Иванов признавался, что слышать «звон тишины», осязать «святой безмолвия язык» он научился в раннем детстве, дважды запечатлев это «духовно определительное переживание» (I, 213) — в «Песнях из Лабиринта» (это стихи «о самом главном», говорил он О. А. Шор) и в поэме «Младенчество»: очень характерна эта грань — уже даже не членораздельности, но звучания как такового: «слышать я начал безмолвье». Этот звук — в отличие от слов, в отличие даже от самих издающих его предметов (если таковые вообще имеются) — не может быть неправилен — именно постольку, поскольку он нечленоразделен, почти «безмолвен». То упоение аллитерациями, о котором мы вели речь, — уже не чисто музыкальное, но еще не без остатка смысловое, — это своего рода цикадное стрекотание, прорывающее смысловую ткань, тот самый «безошибочный» шум, шелест — именно в него на самом деле и упирается, размыкается стих Иванова, а не в обессиленное «так» Анненского с многоточиями после него. И то же на грани зауми звучание привлекает его в без меры нанизываемых и все более экзотичных собственных именах: если ему нужен герой Троянской войны, то упомянет он Эвфорба (имя, которое и произносится-то с затруднением), а не Гектора или Париса.

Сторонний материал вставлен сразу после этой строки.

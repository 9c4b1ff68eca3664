-- ===== src/Tests/Shelf.antt =====
-- A server with room for every object, which answers no listing.
use old_broker_repo.Prelude.{
  Text, codes, [], ◌∷◌, Option, none, some, Error, ◌≡◌, ◌≢◌, ◌⊎◌, inl, inr, Bool, true, false, refl,
  ◌==◌, eq_refl, ◌&&◌, ◌||◌, if◌then◌else◌, Bool-cases, ap, ◌∙◌,
}
use mathlib.Core.Option.{some-injective}
use old_broker_repo.Config.Resource.{Entry}
use old_broker_repo.Config.BrokerStore.{broker_config_types}
use old_broker_repo.Crd.Objects.{IstioKindList}
use old_broker_repo.Crd.Client.{Client, RestClient, delete}
use old_broker_repo.Crd.Api.{Objects, Same, Sets, IsWritten, IsReplaced, IsListing, ApiLaws}
use old_broker_repo.Crd.Cluster.{kept, view}
use old_broker_repo.Crd.Cluster.Reached.{Reach, start}
use old_broker_repo.Crd.Cluster.Available.{IsAvailable}
use old_broker_repo.Tests.World.{TestMessage, junk, codec, message_name}
use old_broker_repo.Tests.Api.{Object, at_revision, is_current, refusal}
use old_broker_repo.Tests.Api.Laws.{made-IsAnswerTo, longer-ne, current_sound}
use old_broker_repo.Tests.Stored.{product}

abbrev pub Shelf : Type 0
Shelf = Objects TestMessage

abbrev set : Text → Text → Text → Option Object → Shelf → Shelf
set ns res n v f a b d = if ns == a && (res == b && n == d) then v else f a b d

abbrev fetched : Option Object → Object → Option Error × Object
fetched none k = (some refusal, k)
fetched (some x) k = (none, x)

abbrev Answer : Type 0
Answer = (Option Error × Object) × Shelf

abbrev placed : Option Object → Text → Text → Object → Object → Shelf → Answer
placed (some x) ns res body k f = ((some refusal, k), f)
placed none ns res body k f =
    let made = at_revision (codes "8") body in
    ((none, made), set ns res body.object_meta.name (some made) f)

abbrev swapped : Option Object → Text → Text → Text → Object → Object → Shelf → Answer
swapped none ns res n body k f = ((some refusal, k), f)
swapped (some x) ns res n body k f =
    let made = at_revision (0 ∷ x.object_meta.resource_version) body in
    if is_current body x then ((none, made), set ns res n (some made) f) else ((some refusal, k), f)

abbrev removed : Option Object → Text → Text → Text → Shelf → Option Error × Shelf
removed none ns res n f = (some refusal, f)
removed (some x) ns res n f = (none, set ns res n none f)

abbrev shelf : RestClient Shelf TestMessage
shelf = record {
  get_into = λ ns res n k f. (fetched (f ns res n) k, f);
  list_into = λ ns res l f. ((some refusal, l), f);
  post_into = λ ns res body k f. placed (f ns res body.object_meta.name) ns res body k f;
  put_into = λ ns res n body k f. swapped (f ns res n) ns res n body k f;
  delete = λ ns res n f. removed (f ns res n) ns res n f;
}

pub placed_lem :
    (o : Option Object) (ns res : Text) (body k : Object) (f : Shelf)
    → f ns res body.object_meta.name ≡ o
    → let (answer, g) = placed o ns res body k f in
      ((answer.0 ≢ none) × Same f g)
      ⊎ ((f ns res body.object_meta.name ≡ none)
          × IsWritten ns res body.object_meta.name body answer f g)
placed_lem (some x) ns res body k f h = inl ((λ p. cc), λ a b d. refl)
placed_lem none ns res body k f h = inr (
  h,
  record {
    object = at_revision (codes "8") body;
    sent = made-IsAnswerTo (codes "8") body;
    sets = λ a b d. refl;
    answered = λ _. refl;
  },
)

pub swapped_lem :
    (o : Option Object) (ns res n : Text) (body k : Object) (f : Shelf)
    → f ns res n ≡ o
    → let (answer, g) = swapped o ns res n body k f in
      ((answer.0 ≢ none) × Same f g) ⊎ IsReplaced ns res n body answer f g
swapped_lem none ns res n body k f h = inl ((λ p. cc), λ a b d. refl)
swapped_lem (some x) ns res n body k f h = elim (Bool-cases (is_current body x)) [
  | inr b ↦ rw b (inl ((λ p. cc), λ a b d. refl))
  | inl b ↦ rw b (
      inr (record {
        old = x;
        held = h;
        current = current_sound body x b;
        written = record {
          object = at_revision (0 ∷ x.object_meta.resource_version) body;
          sent = made-IsAnswerTo (0 ∷ x.object_meta.resource_version) body;
          sets = λ a b d. refl;
          answered = λ _. refl;
        };
        fresh = inl (longer-ne x.object_meta.resource_version 0);
      }))
]

pub removed_lem :
    (o : Option Object) (ns res n : Text) (f : Shelf)
    → let (e, g) = removed o ns res n f in ((e ≢ none) × Same f g) ⊎ Sets ns res n none f g
removed_lem none ns res n f = inl ((λ p. cc), λ a b d. refl)
removed_lem (some x) ns res n f = inr (λ a b d. refl)

pub fetched_lem :
    (o : Option Object) (k : Object) → (fetched o k).0 ≡ none → o ≡ some (fetched o k).1
fetched_lem none k h = cc h
fetched_lem (some x) k h = refl

pub refused-IsListing :
    (ns res : Text) (l : IstioKindList TestMessage) (f : Shelf)
    → ◌≡◌ {A = Option Error} (some refusal) none
    → IsListing ns res f l
refused-IsListing ns res l f h = cc h

abbrev pub laws : ApiLaws shelf
laws = record {
  stored = λ f. f;
  post = λ ns res body k f. placed_lem (f ns res body.object_meta.name) ns res body k f refl;
  put = λ ns res n body k f. swapped_lem (f ns res n) ns res n body k f refl;
  delete = λ ns res n f. removed_lem (f ns res n) ns res n f;
  get_same = λ ns res n k f a b d. refl;
  get_lem = λ ns res n k f h. fetched_lem (f ns res n) k h;
  list_same = λ ns res l f a b d. refl;
  list_lem = λ ns res l f h. refused-IsListing ns res l f h;
}

or_true : (b : Bool) → (b || true) ≡ true
or_true true = refl
or_true false = refl

is_current_same :
    (body old : Object)
    → old.object_meta.resource_version ≡ body.object_meta.resource_version
    → is_current body old ≡ true
is_current_same body old h = rw (h, eq_refl) (or_true (body.object_meta.resource_version == []))

pub current_put :
    (o : Option Object) (ns res n : Text) (body k old : Object) (f : Shelf)
    → o ≡ some old
    → old.object_meta.resource_version ≡ body.object_meta.resource_version
    → (swapped o ns res n body k f).0.0 ≡ none
current_put none ns res n body k old f h same = cc h
current_put (some x) ns res n body k old f h same =
    let same' = ap (λ y. y.object_meta.resource_version) (some-injective x old h) ∙ same in
    rw (is_current_same body x same') refl

pub missing_delete :
    (o : Option Object) (ns res n : Text) (f : Shelf) → o ≡ none → (removed o ns res n f).0 ≢ none
missing_delete none ns res n f h p = cc p
missing_delete (some x) ns res n f h p = cc h

abbrev pub available : IsAvailable laws
available = record {
  admits = λ body. body.object_meta.namespace ≡ codes "default";
  posts = λ ns res body k f _ _ h. ap (λ o. (placed o ns res body k f).0.0) h;
  puts = λ ns res n body k old f _ h same. current_put (f ns res n) ns res n body k old f h same;
  gets = λ ns res n k x f h. ap (λ o. (fetched o k).0) h;
  deletes = λ ns res n k f h. ap (λ o. (removed o ns res n f).0) h;
  deletes_missing = λ ns res n f h. missing_delete (f ns res n) ns res n f h;
}

abbrev pub client : Client Shelf TestMessage TestMessage
client = record { descriptor = broker_config_types TestMessage; dynamic = shelf }

-- An entry to create.
abbrev fresh : Entry TestMessage
fresh = kept product []

abbrev pub empty : Shelf
empty = λ ns res n. none

pub reached : Reach codec junk message_name client laws empty
reached = start (λ a b d. refl)

abbrev seen : Option (Entry TestMessage)
seen = view codec junk client laws empty fresh.type fresh.name fresh.namespace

Кроме того, ведь, согласно имяславской доктрине, которой не чужд был и сам Иванов, имя, истинное Имя — тоже безошибочно: оно-то и есть в наибольшей степени, с наибольшим на то правом Истина, сама Истина, а не косвенное указание на нее. (Вот уже и об имени пошла речь: мы все ближе к началу.). Именно такой стих, как грозящее перейти в глоссолалию жадное изобилие собственных имен «Аттики и Галилеи», «людям темен, но богам внятен», это и есть, по Иванову, «заумная беседа с ангелами» (III, 651). Так что здесь не просто «излишняя ученость», не только невольное преодоление «предела сложности», за которым начинается футуристический смысловой распад, но и в основах самой поэтики и мировоззрения Иванова коренящееся стремление к безошибочности и предельной чистоте Единого.

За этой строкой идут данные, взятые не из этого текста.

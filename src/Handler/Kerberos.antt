-- ===== src/Handler/Kerberos.antt =====
-- internal/handler/auth.go: the users of Kerberos tickets. The SPNEGO message and the verification of
-- its ticket are outside of the model: `Negotiation` is what the Authorization header comes to.
pub mod Sso
pub mod Negotiate
pub mod Entry
pub mod Realm
use Prim.Native.Char.{code}
use simple_auth.Prelude.{
  String, Bool, true, false, not, ◌&&◌, ◌||◌, Option, none, some, List, [], ◌∷◌, if◌then◌else◌,
  ◌==◌, ◌^^◌, eqb, ◌+◌, ◌*◌,
}
use simple_auth.Outcome.{Result, ok, err}
use simple_auth.Bolt.{Bbolt}
use simple_auth.Store.Types.{Time, User, App, LdapConfig, OidcAuthCode}
use simple_auth.Store.Users.{create_user, with_defaults, resolve_user, list_users}
use simple_auth.Store.Mappings.{resolve_mapping, set_identity_mapping}
use simple_auth.Store.Tokens.{save_oidc_auth_code}
use simple_auth.Handler.State.{
  Config, LdapResult, SearchAnswer, account, no_account, unreachable, Env, HandlerState, exec,
}
use simple_auth.Handler.Request.{Request}
use simple_auth.Handler.Settings.{get_default_redirect_uri, second}
use simple_auth.Handler.Provision.{jit_user, sync_user_from_ldap}
use simple_auth.Handler.Directory.{
  get_ldap_config_decrypted, directory_account_disabled, record_directory_check,
}
use simple_auth.Handler.Login.{mapped_user}
use simple_auth.Handler.Roles.{match_auto_provision_user}
use simple_auth.Handler.Sessions.{Cookie}
use simple_auth.Handler.Jwt.{Mint}
use simple_auth.Handler.Issue.{audit}
use simple_auth.Handler.Act.{
  Refusal, http_error, Answer, done, refused, Act, ◌>>=◌, ◌>>◌, reply, refuse_if, some_or, fetch,
  call, effect, rate_limit, look,
}
use simple_auth.Handler.Guards.{serve_app, grant_roles, refuse_redirect, refuse_inactive}
use simple_auth.Handler.Signin.{SignedIn, audit_login, token_pair}
use simple_auth.Handler.Hosted.{
  Hosted, landed, landing, to_login_error, or_login_error, unspecified, issue_cookie,
}

-- A ticket whose AP-REQ verifies: the client's principal and realm.
pub record Principal : Type 0 where
  pub cname : String
  pub realm : String

pub data Negotiation : Type 0 where
  no_token not_base64 ntlm : Negotiation
  ticket : (keytab_loads : Bool) → Option Principal → Negotiation

-- The text before the first '@'.
unfoldable pub before_at : String → String
before_at String.[] = ""
before_at (String.◌∷◌ c s) =
    let rest = before_at s in if eqb (code c) b'@' then "" else String.◌∷◌ c rest

abbrev pub short_name : String → String
short_name cname = if before_at cname == "" then cname else before_at cname

-- verifyAPReq after the library's verification: the principal is of the configured realm, if there is
-- one. It gives the short name and the full one.
unfoldable pub verified_principal :
    (String → String → Bool) → String → Option Principal → Option (String × String)
verified_principal equal_fold realm none = none
verified_principal equal_fold realm (some p) =
    if not (realm == "") && not (equal_fold p.realm realm)
    then none
    else some (short_name p.cname, p.cname)

pub data KerberosUser : Type 0 where
  known : (guid : String) (groups : List String) → KerberosUser
  account_off not_in_directory : KerberosUser

module _ ⦃bolt : Bbolt⦄ (env : Env) (cfg : Config) (now : Time) (fresh : String) where
  -- `else if h.directoryAccountDisabled(user)`
  abbrev pub recheck : User → Bool × HandlerState → KerberosUser × HandlerState
  recheck u (true, st) = (account_off, st)
  recheck u (false, st) = (known u.guid [], st)

  abbrev pub confirm_mapped : User → HandlerState → SearchAnswer → KerberosUser × HandlerState
  confirm_mapped u st (account r) = if r.disabled then (account_off, st) else (
    known u.guid r.groups,
    record_directory_check env now u.guid (sync_user_from_ldap u r st),
  )
  confirm_mapped u st no_account = recheck u (directory_account_disabled env cfg now u st)
  confirm_mapped u st unreachable = recheck u (directory_account_disabled env cfg now u st)

  -- The account's own name, else the ticket's.
  abbrev pub sam_or : LdapResult → String → String
  sam_or r username = if r.username == "" then username else r.username

  abbrev map_both : String → String → HandlerState → HandlerState
  map_both name guid st =
      exec (set_identity_mapping "local" name guid)
        (exec (set_identity_mapping "ldap" name guid) st)

  abbrev provision : String → LdapResult → HandlerState → KerberosUser × HandlerState
  provision username r st =
      let sam = sam_or r username in
      let guid = (with_defaults fresh now (jit_user r)).guid in
      let st1 = map_both sam guid (exec (create_user fresh now (jit_user r)) st) in
      let st2 = if username == sam then st1 else map_both username guid st1 in
      (known guid r.groups, record_directory_check env now guid st2)

  abbrev pub by_cname :
      String → LdapResult → HandlerState → Result String → KerberosUser × HandlerState
  by_cname username r st (ok guid) = (known guid r.groups, st)
  by_cname username r st (err e) = provision username r st

  abbrev pub by_sam :
      String → LdapResult → HandlerState → Result String → KerberosUser × HandlerState
  by_sam username r st (ok guid) = (
    known guid r.groups,
    if sam_or r username == username
        then st
        else exec (set_identity_mapping "ldap" username guid) st,
  )
  by_sam username r st (err e) = by_cname username r st (resolve_mapping "ldap" username st.store)

  abbrev pub unmapped : String → HandlerState → SearchAnswer → KerberosUser × HandlerState
  unmapped username st (account r) =
      if r.disabled
      then (account_off, st)
      else by_sam username r st (resolve_mapping "ldap" (sam_or r username) st.store)
  unmapped username st no_account = (not_in_directory, st)
  unmapped username st unreachable = (not_in_directory, st)

  -- The two rounds of the loop over the providers, then the search.
  abbrev pub by_local :
      LdapConfig → String → HandlerState → Option User → KerberosUser × HandlerState
  by_local c username st (some u) =
      confirm_mapped u st (env.ldap_search c "sAMAccountName" username)
  by_local c username st none = unmapped username st (env.ldap_search c "sAMAccountName" username)

  abbrev pub by_ldap :
      LdapConfig → String → HandlerState → Option User → KerberosUser × HandlerState
  by_ldap c username st (some u) = confirm_mapped u st (env.ldap_search c "sAMAccountName" username)
  by_ldap c username st none = by_local c username st (mapped_user "local" username st)

  abbrev pub with_directory :
      String → HandlerState → Option LdapConfig → KerberosUser × HandlerState
  with_directory username st none = (not_in_directory, st)
  with_directory username st (some c) = by_ldap c username st (mapped_user "ldap" username st)

  unfoldable pub resolve_kerberos_user : String → HandlerState → KerberosUser × HandlerState
  resolve_kerberos_user username st = with_directory username st (get_ldap_config_decrypted env st)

Как и всякое, должно быть, слово, слово Иванова — да, даже такое самоуверенно громкогласное слово — в конце концов упирается в бормотание, умолкание, молчание — или же в Имя, которое тоже лишается смысла в повторе непрестанной «умной», (безмолвной) молитвы, становящейся воистину за-умной — в двадцатилетнее молчание с «гуторком» «Римского дневника» в конце — пусть оно и кажется на первый взгляд совсем иным, чем обеззвученный вздох Анненского: «знаешь что...».

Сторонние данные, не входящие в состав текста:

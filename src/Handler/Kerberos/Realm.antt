-- ===== src/Handler/Kerberos/Realm.antt =====
-- internal/handler/auth.go: what a Kerberos sign-in rests on.
use simple_auth.Prelude.{
  String, ◌≡◌, refl, ◌⊎◌, inl, inr, ap, sym, Bool, true, false, not, ◌&&◌, Option, none, some, List,
  ◌==◌, arith, Bool-cases, eq_iff,
}
use simple_auth.Bolt.{Bbolt}
use simple_auth.Store.Types.{Time, User, LdapConfig}
use simple_auth.Handler.State.{
  Config, LdapResult, SearchAnswer, account, no_account, unreachable, Env, HandlerState,
}
use simple_auth.Handler.Directory.{get_ldap_config_decrypted}
use simple_auth.Handler.Login.{mapped_user}
use simple_auth.Handler.Kerberos.{
  Principal, short_name, verified_principal, known, confirm_mapped, unmapped, by_local, by_ldap,
  with_directory, resolve_kerberos_user,
}

-- A principal that is accepted was verified, and is of the configured realm where there is one; its
-- name is the one before the realm.
pub verified_principal-some :
    (equal_fold : String → String → Bool) (realm : String) (o : Option Principal)
    (names : String × String)
    → verified_principal equal_fold realm o ≡ some names
    → (p : Principal) × (o ≡ some p)
      × ((realm ≡ "") ⊎ (equal_fold p.realm realm ≡ true))
      × (names.0 ≡ short_name p.cname)
      × (names.1 ≡ p.cname)
unfolding verified_principal
verified_principal-some equal_fold realm none names h = cc
verified_principal-some equal_fold realm (some p) names h =
    elim (Bool-cases (not (realm == "") && not (equal_fold p.realm realm))) [
      | inl foreign ↦ let refuted = rw foreign at h in cc
      | inr home ↦
          let e : some (short_name p.cname, p.cname) ≡ some names = rw home at h in
          let same : (short_name p.cname, p.cname) ≡ names = cc in
          (
            p,
            refl,
            ground (arith, eq_iff realm ""),
            ap (λ (n : String × String). n.0) (sym same),
            ap (λ (n : String × String). n.1) (sym same),
          )
    ]

-- The answer of the directory is no disabled account.
abbrev pub NotOff : SearchAnswer → Type 0
NotOff (account r) = r.disabled ≡ false
NotOff no_account = Unit
NotOff unreachable = Unit

module _ ⦃bolt : Bbolt⦄ (env : Env) (cfg : Config) (now : Time) (fresh : String) where
  confirm_mapped-known :
      (u : User) (st : HandlerState) (answer : SearchAnswer) {guid : String} {groups : List String}
      → (confirm_mapped env cfg now fresh u st answer).0 ≡ known guid groups
      → NotOff answer
  confirm_mapped-known u st (account r) h = elim (Bool-cases r.disabled) [
    | inl off ↦ let refuted = simp off at h in cc
    | inr on ↦ on
  ]
  confirm_mapped-known u st no_account h = tt
  confirm_mapped-known u st unreachable h = tt

  unmapped-known :
      (username : String) (st : HandlerState) (answer : SearchAnswer) {guid : String}
      {groups : List String}
      → (unmapped env cfg now fresh username st answer).0 ≡ known guid groups
      → (r : LdapResult) × (answer ≡ account r) × (r.disabled ≡ false)
  unmapped-known username st (account r) h = elim (Bool-cases r.disabled) [
    | inl off ↦ let refuted = simp off at h in cc
    | inr on ↦ (r, refl, on)
  ]
  unmapped-known username st no_account h = cc
  unmapped-known username st unreachable h = cc

  -- What the directory says of the name of a user who is known.
  abbrev pub IsConfirmed : LdapConfig → String → HandlerState → Type 0
  IsConfirmed c username st =
      NotOff (env.ldap_search c "sAMAccountName" username)
      × (((u : User) × ((mapped_user "ldap" username st ≡ some u)
              ⊎ (mapped_user "local" username st ≡ some u)))
          ⊎ ((r : LdapResult) × (env.ldap_search c "sAMAccountName" username ≡ account r)))

  by_local-known :
      (c : LdapConfig) (username : String) (st : HandlerState) (o : Option User) {guid : String}
      {groups : List String}
      → (by_local env cfg now fresh c username st o).0 ≡ known guid groups
      → NotOff (env.ldap_search c "sAMAccountName" username)
        × (((u : User) × (o ≡ some u))
            ⊎ ((r : LdapResult) × (env.ldap_search c "sAMAccountName" username ≡ account r)))
  by_local-known c username st (some u) h =
      (confirm_mapped-known u st (env.ldap_search c "sAMAccountName" username) h, inl (u, refl))
  by_local-known c username st none h =
      let (r, found, on) =
        unmapped-known username st (env.ldap_search c "sAMAccountName" username) h in
      (rw found on, inr (r, found))

  by_ldap-known :
      (c : LdapConfig) (username : String) (st : HandlerState) (o : Option User) {guid : String}
      {groups : List String}
      → mapped_user "ldap" username st ≡ o
      → (by_ldap env cfg now fresh c username st o).0 ≡ known guid groups
      → IsConfirmed c username st
  by_ldap-known c username st (some u) e h =
      (confirm_mapped-known u st (env.ldap_search c "sAMAccountName" username) h, inl (u, inl e))
  by_ldap-known c username st none e h =
      let (on, owner) = by_local-known c username st (mapped_user "local" username st) h in
      (on, elim owner [ inl (u, mapped) ↦ inl (u, inr mapped) | inr found ↦ inr found ])

  with_directory-known :
      (username : String) (st : HandlerState) (o : Option LdapConfig) {guid : String}
      {groups : List String}
      → (with_directory env cfg now fresh username st o).0 ≡ known guid groups
      → (c : LdapConfig) × (o ≡ some c) × IsConfirmed c username st
  with_directory-known username st none h = cc
  with_directory-known username st (some c) h =
      (c, refl, by_ldap-known c username st (mapped_user "ldap" username st) refl h)

  -- A ticket's name becomes a user only where a directory is configured, whose search does not answer
  -- with a disabled account, and where the name is mapped to a user or the directory knows it.
  pub resolve_kerberos_user-known :
      (username : String) (st : HandlerState) {guid : String} {groups : List String}
      → (resolve_kerberos_user env cfg now fresh username st).0 ≡ known guid groups
      → (c : LdapConfig) × (get_ldap_config_decrypted env st ≡ some c) × IsConfirmed c username st
  unfolding resolve_kerberos_user
  resolve_kerberos_user-known username st h =
      with_directory-known username st (get_ldap_config_decrypted env st) h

Но, резонный вопрос, при чем тут поэзия? Поэтический предмет возникает лишь в тексте, если возникает вообще; любые внеположные цели лишь способствуют обнаружению новых принципов его формирования, но сами лежат в иных сферах — философской, религиозной, оккультной. А как быть с самой поэзией, с самим поэтическим предметом, который, повторим, возникает лишь в тексте, лишь как переживание: ведь мы только что вынуждены были констатировать последовательное очищение слова Иванова от переживания, несущего в себе яд рефлексии. Казалось бы, стихи Иванова за вычетом явственного в них предвкушения, ожидания «основного перживания», тяги к нему — что, впрочем, не так уж мало — превращаются в весьма искусные прописи, в «отвлеченное упорство в ущерб чувству» (С. Маковский). Это не совсем так. Несмотря на недостигаемость в тексте переживания Всеединства, само чувство и понимание (и чувство этого понимания) целостности и единства мира Иванова, воспроизводимости всей этой целостности и единства каждым его малейшим фрагментом — и становится реальным, в тексте содержащимся коррелятом искомого трансцендентного переживания — переживания трансцендентного. (Текст, спасая поэзию, замещает нам Бога — конечно, против воли Иванова.) И одновременно, преодолевая жесткость, четкость и тотальность конструктивной продуманности его стиха, сам уровень сложности и сложной согласованности деталей оказывается таков, что переживание — а с ним и поэтический предмет, — переживание, столь осознанно и безжалостно изгоняемое, что даже «тоска» становится «термином», — восстает, возрождается как переживание мысли, переживание смысла, его самопорождения и саморасточения. В этом и состоит самая суть поэтического открытия Иванова, проложившего путь и Хлебникову, и Мандельштаму. Видимо, был нужен именно такой опыт, лабораторная работа своего рода, проводимая в условиях строжайшей стерильности, прискорбной для читателя, привыкшего к тому, что «литература есть нечто, от чего бьется сердце и горит голова» (С. А. Венгеров), но неизбежный, чтобы обнаружить и раскрепостить саму материю смысла.